Pada Aliena pertama Pembukaan UUD 1945 dengan terang berbunyi “Bahwa kemerdekaan itu ialah hak segala bangsa dan oleh sebab itu, maka penjajahan di atas dunia harus dihapuskan, karena tidak sesuai dengan perikemanusiaan dan perikeadilan”. Namun, tepat 18 hari pasca kemerdekaan West Papua, pemerintah Indonesia justru mengingkari Pembukaan Undang-Undang Dasar-nya. Hari ini, setelah setengah abad lebih peristiwa tersebut berlalu, kita bisa melihat dengan jelas kolonialisme Indonesia atas Papua melahirkan berbagai masalah. Hari ini, Papua menjadi wilayah dengan penduduk termiskin di Indonesia, meskipun mereka tinggal di daerah paling kaya sumberdaya alamnya di dunia. Dengan dalil “Bhinneka Tunggal Ika”, Pemerintah Indonesia menancapkan cakar kotor garudanya ke bumi Papua seraya membunuh dan melemparkan rakyat Papua ke penjara bagi yang mencoba melawan.
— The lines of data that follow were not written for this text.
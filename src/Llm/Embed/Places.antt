-- ===== src/Llm/Embed/Places.antt =====
-- internal/llm/embed.go: the vectors of an answer stand at the indices that it names.
use dispute_router.Common.{
  ℕ, zero, suc, ◌≡◌, refl, ◌∙◌, ap, subst, ◌⊎◌, inl, inr, true, ◌&&◌, ltb, ◌==◌, List, [], ◌∷◌,
  Option, none, some, arith, length, get_elem?, Option-cases, Bool-cases,
}
use dispute_router.Common.Int.{ℤ, pos, negsuc}
use dispute_router.Llm.Embed.{
  Item, voyage_dimensions, set_at, no_vectors, place_at, place, all_filled, filled, vectors_of,
}

-- The answer has an element of the right width for place `i`, and `v` is its vector made unit length.
abbrev pub Shown : {V : Type 0} → (V → ℕ) → (V → V) → List (Item V) → ℕ → V → Type 0
Shown dimensions normalise [] i v = ⊥
Shown dimensions normalise (item ∷ items) i v =
    ((item.index ≡ pos i)
      × (dimensions item.embedding ≡ voyage_dimensions)
      × (v ≡ normalise item.embedding))
    ⊎ Shown dimensions normalise items i v

length-set_at :
    {V : Type 0} (i : ℕ) (v : V) (slots : List (Option V))
    → length (set_at i v slots) ≡ length slots
unfolding set_at
length-set_at i v [] = refl
length-set_at zero v (x ∷ xs) = refl
length-set_at (suc i) v (x ∷ xs) = ap suc (length-set_at i v xs)

set_at-some :
    {V : Type 0} (i j : ℕ) (v w : V) (slots : List (Option V))
    → get_elem? (set_at i v slots) j ≡ some (some w)
    → (get_elem? slots j ≡ some (some w)) ⊎ ((i ≡ j) × (w ≡ v))
unfolding set_at
set_at-some i j v w [] h = inl h
set_at-some zero zero v w (x ∷ xs) h = inr (refl, cc)
set_at-some zero (suc j) v w (x ∷ xs) h = inl h
set_at-some (suc i) zero v w (x ∷ xs) h = inl h
set_at-some (suc i) (suc j) v w (x ∷ xs) h = elim (set_at-some i j v w xs h) [
  | inl e ↦ inl e
  | inr (e, f) ↦ inr (ap suc e, f)
]

length-no_vectors : (V : Type 0) (n : ℕ) → length (no_vectors {V = V} n) ≡ n
unfolding no_vectors
length-no_vectors V zero = refl
length-no_vectors V (suc n) = ap suc (length-no_vectors V n)

no_vectors-empty :
    (V : Type 0) (n i : ℕ) (v : V) → ¬ (get_elem? (no_vectors {V = V} n) i ≡ some (some v))
unfolding no_vectors
no_vectors-empty V zero i v h = ground arith
no_vectors-empty V (suc n) zero v h = ground arith
no_vectors-empty V (suc n) (suc i) v h = no_vectors-empty V n i v h

-- What is put in place: nothing is lost or made up.
abbrev Placed :
    {V : Type 0} → (V → ℕ) → (V → V) → List (Item V) → List (Option V) → List (Option V) → Type 0
Placed {V} dimensions normalise items before after =
    (length after ≡ length before)
    × ((i : ℕ) (v : V)
        → get_elem? after i ≡ some (some v)
        → (get_elem? before i ≡ some (some v)) ⊎ Shown dimensions normalise items i v)

place_at-Placed :
    {V : Type 0} (dimensions : V → ℕ) (normalise : V → V) (item : Item V)
    (before after : List (Option V)) (z : ℤ)
    → item.index ≡ z
    → place_at dimensions normalise item.embedding before z ≡ some after
    → Placed dimensions normalise (item ∷ []) before after
unfolding place_at
place_at-Placed dimensions normalise item before after (negsuc n) q h = ground arith
place_at-Placed {V} dimensions normalise item before after (pos k) q h =
    elim (Bool-cases (ltb k (length before) && (dimensions item.embedding == voyage_dimensions))) [
      | inr e ↦ absurd (ground arith)
      | inl e ↦
          let same : set_at k (normalise item.embedding) before ≡ after = ground arith in
          subst (λ l. Placed dimensions normalise (item ∷ []) before l) same
            (
              length-set_at k (normalise item.embedding) before,
              λ i v g. from e i v (set_at-some k i (normalise item.embedding) v before g),
            )
    ]
  where
    from :
        (ltb k (length before) && (dimensions item.embedding == voyage_dimensions)) ≡ true
        → (i : ℕ) (v : V)
        → (get_elem? before i ≡ some (some v)) ⊎ ((k ≡ i) × (v ≡ normalise item.embedding))
        → (get_elem? before i ≡ some (some v)) ⊎ Shown dimensions normalise (item ∷ []) i v
    from e i v (inl g) = inl g
    from e i v (inr (same, is)) = inr (inl (q ∙ ap pos same, ground arith, is))

place-Placed :
    {V : Type 0} (dimensions : V → ℕ) (normalise : V → V) (items : List (Item V))
    (before after : List (Option V))
    → place dimensions normalise items before ≡ some after
    → Placed dimensions normalise items before after
unfolding place
place-Placed dimensions normalise [] before after h =
    let e : before ≡ after = ground arith in
    subst (λ l. Placed dimensions normalise [] before l) e (refl, λ i v g. inl g)
place-Placed {V} dimensions normalise (item ∷ items) before after h =
    elim (Option-cases (place_at dimensions normalise item.embedding before item.index)) [
      | inl e ↦ absurd (ground arith)
      | inr (mid, e) ↦
          both mid (place_at-Placed dimensions normalise item before mid item.index refl e)
            (place-Placed dimensions normalise items mid after (rw (e, place) at h))
    ]
  where
    both :
        (mid : List (Option V))
        → Placed dimensions normalise (item ∷ []) before mid
        → Placed dimensions normalise items mid after
        → Placed dimensions normalise (item ∷ items) before after
    both mid (m, one) (n, more) = (
      n ∙ m,
      λ i v g. elim (more i v g) [
        | inr s ↦ inr (inr s)
        | inl g' ↦ elim (one i v g') [
          | inl b ↦ inl b
          | inr (inl s) ↦ inr (inl s)
          | inr (inr s) ↦ absurd s
        ]
      ],
    )

all_filled-get :
    {V : Type 0} (slots : List (Option V)) (vs : List V)
    → all_filled slots ≡ some vs
    → (length vs ≡ length slots)
      × ((i : ℕ) (v : V) → get_elem? vs i ≡ some v → get_elem? slots i ≡ some (some v))
unfolding all_filled
all_filled-get [] [] h = (refl, λ i v g. ground arith)
all_filled-get [] (v ∷ vs) h = ground arith
all_filled-get (none ∷ slots) vs h = ground arith
all_filled-get {V} (some x ∷ slots) vs h = elim (Option-cases (all_filled slots)) [
  | inl e ↦ ground arith
  | inr (ws, e) ↦
      let (n, more) = all_filled-get slots ws e in
      let same : x ∷ ws ≡ vs = ground arith in
      subst (Right slots x) same (ap suc n, at_each ws more)
]
  where
    Right : List (Option V) → V → List V → Type 0
    Right slots x vs =
        (length vs ≡ suc (length slots))
        × ((i : ℕ) (v : V) → get_elem? vs i ≡ some v → get_elem? (some x ∷ slots) i ≡ some (some v))

    at_each :
        (ws : List V)
        → ((i : ℕ) (v : V) → get_elem? ws i ≡ some v → get_elem? slots i ≡ some (some v))
        → (i : ℕ) (v : V) → get_elem? (x ∷ ws) i ≡ some v
        → get_elem? (some x ∷ slots) i ≡ some (some v)
    at_each ws more zero v g = ground arith
    at_each ws more (suc i) v g = more i v g

-- When an answer for `n` texts is taken, there are `n` vectors, and each is the unit-length form of an element of the
-- answer that names its place and has the width of the schema.
pub vectors_of_lem :
    {V : Type 0} (dimensions : V → ℕ) (normalise : V → V) (n : ℕ) (items : List (Item V))
    (vs : List V)
    → vectors_of dimensions normalise n items ≡ some vs
    → (length vs ≡ n)
      × ((i : ℕ) (v : V) → get_elem? vs i ≡ some v → Shown dimensions normalise items i v)
unfolding vectors_of filled
vectors_of_lem {V} dimensions normalise n items vs h =
    elim (Option-cases (place dimensions normalise items (no_vectors n))) [
      | inl e ↦ absurd (none_placed e)
      | inr (slots, e) ↦
          let (m, placed) = place-Placed dimensions normalise items (no_vectors n) slots e in
          let (k, get) = all_filled-get slots vs (some_placed slots e) in
          (
            k ∙ m ∙ length-no_vectors V n,
            λ i v g. elim (placed i v (get i v g)) [
              | inl b ↦ absurd (no_vectors-empty V n i v b)
              | inr s ↦ s
            ],
          )
    ]
  where
    none_placed : place dimensions normalise items (no_vectors n) ≡ none → ⊥
    none_placed e = ground arith

    some_placed :
        (slots : List (Option V))
        → place dimensions normalise items (no_vectors n) ≡ some slots
        → all_filled slots ≡ some vs
    some_placed slots e = ground arith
Tidak hanya itu, dampak dari kolonialisme terhadap West Papua bisa kita lihat pada penurunan kualitas demokrasi di Indonesia, bagaimana pemerintah merespon aksi-aksi damai yang dilakukan oleh rakyat Papua dan aktivis Pro Demokrasi dengan teriakan rasis, intimidasi dan tindakan represif. Bahkan, meskipun Indonesia meratifikasi International Covenant on Civil and Political Rights (ICCPR) dalam UU No. 15 tahun 2005, tentang kebebasan untuk berekspresi dan berserikat, namun hal tersebut tidak membuat rakyat bebas untuk menyampaikan pendapatnya di muka publik dan malah sebaliknya. Negara, dalam hal ini Pemerintah dan Aparaturnya (Hukum, TNI-POLRI) telah bertindak diluar batas-batas hak asasi manusia dan telah melanggar UUD 1945 beserta sejumlah UU lainnya berkaitan dengan Hak-hak Sipil dan Politik. Tidak cukup itu, para aktivis pun diburu dan ditangkap. Di bawah hukum negara borjuis yang dikuasai oligark, dan para aktivis Papua dan Pro Demokrasi seperti Surya Anta Ginting dan 5 (lima) aktivis Papua lainnya, ditangkap dengan sangkaan makar. Bahkan hakim pun memberikan putusan menolak seluruh poin yang diajukan oleh tim hukum dalam sidang praperadilan.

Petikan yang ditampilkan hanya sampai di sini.